The answer must be every line below that holds the word "Type".

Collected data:
★ ★ ★ ★ ★ ★ ★
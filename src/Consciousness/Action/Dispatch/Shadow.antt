-- ===== src/Consciousness/Action/Dispatch/Shadow.antt =====
-- Which commands a text can give: the table is searched in order, and a name matches as a prefix.
use aion_os.Prelude.{
  ℕ, zero, suc, ◌<◌, ◌≡◌, ◌≢◌, none, some, List, [], ◌∷◌, ◌++◌, arith, length, length-take, inl,
  inr, Option-cases,
}
use aion_os.Consciousness.Text.{Text, codes, strip_prefix, strip_prefix-shorter, split_at}
use aion_os.Consciousness.Action.Dispatch.{
  Action, display, display_pixel, display_clear, actions, first_match, action_parse_and_execute,
}
use aion_os.Consciousness.Action.Handlers.{Services}
use aion_os.Consciousness.Action.Results.{Act}
use aion_os.Consciousness.Action.Dispatch.Commands.{
  commands, run_all, action_parse_and_execute-commands,
}

hidden : (p q s : Text) → strip_prefix p s ≡ none → strip_prefix (p ++ q) s ≡ none
hidden p q s h = elim (Option-cases (strip_prefix (p ++ q) s)) [
  | inl e ↦ e
  | inr (r, e) ↦ cc (strip_prefix-shorter p q s r e)
]

-- Of the table the entries two and three are never chosen: their names begin with that of the first.
pub first_match-ne :
    (s : Text) {a : Action}
    → first_match actions s ≡ some a
    → (a ≢ display_pixel) × (a ≢ display_clear)
unfolding first_match actions
first_match-ne s {a} h =
    let pixel = hidden (codes "ACT:DISPLAY") (codes "_PIXEL") s in
    let clear = hidden (codes "ACT:DISPLAY") (codes "_CLEAR") s in
    (ground (arith, pixel, clear), ground (arith, pixel, clear))

-- A text that spells either name is taken for `ACT:DISPLAY`.
pub first_match-display :
    (q s r : Text)
    → strip_prefix (codes "ACT:DISPLAY" ++ q) s ≡ some r
    → first_match actions s ≡ some display
unfolding first_match actions
first_match-display q s r h = rw (strip_prefix-shorter (codes "ACT:DISPLAY") q s r h, first_match)

-- Every command satisfies `P`.
abbrev pub Every : (Action × Text → Type 0) → List (Action × Text) → Type 0
Every P [] = Unit
Every P (c ∷ cs) = P c × Every P cs

-- What holds of the commands of every text.
pub record IsPossible (c : Action × Text) : Type 0 where
  pub no_pixel : c.0 ≢ display_pixel
  pub no_clear : c.0 ≢ display_clear
  pub short : length c.1 < 2048

pub commands-IsPossible : (fuel : ℕ) (p : Text) → Every IsPossible (commands fuel p)
unfolding commands
commands-IsPossible zero p = tt
commands-IsPossible (suc fuel) p = elim (Option-cases (split_at b'<' p)) [
  | inl e ↦ rw (e, commands) tt
  | inr ((u, behind), e) ↦
      rw (e, commands)
        (elim (Option-cases (first_match actions behind)) [
          | inl e' ↦ rw (e', commands) (commands-IsPossible fuel behind)
          | inr (action, e') ↦
              rw (e', commands)
                (elim (Option-cases (split_at b'>' behind)) [
                  | inl e'' ↦ rw (e'', commands) (commands-IsPossible fuel behind)
                  | inr ((token, rest), e'') ↦
                      let (no_pixel, no_clear) = first_match-ne behind e' in
                      rw (e'', commands)
                        (
                          record {
                            no_pixel = no_pixel;
                            no_clear = no_clear;
                            short = omega (arith, length-take 2047 token);
                          },
                          commands-IsPossible fuel rest,
                        )
                ])
        ])
]

module _ {W : Type 0} (sv : Services W) where
  -- No output of the model, whatever it spells, runs `act_display_pixel` or `act_display_clear`:
  -- executing it is running a list of other commands, each with a token that fits `token_buf` with
  -- its terminator.
  pub action_parse_and_execute-IsPossible :
      (output : Text) (a : Act W)
      → (cs : List (Action × Text)) × Every IsPossible cs
        × (action_parse_and_execute sv output a ≡ some (run_all sv cs a))
  action_parse_and_execute-IsPossible output a = (
    commands (suc (length output)) output,
    commands-IsPossible (suc (length output)) output,
    action_parse_and_execute-commands sv output a,
  )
★ ★ ★ ★ ★ ★ ★
*Response area:*
abbrev pub Every : (Action × Text → Type 0) → List (Action × Text) → Type 0
pub record IsPossible (c : Action × Text) : Type 0 where
module _ {W : Type 0} (sv : Services W) where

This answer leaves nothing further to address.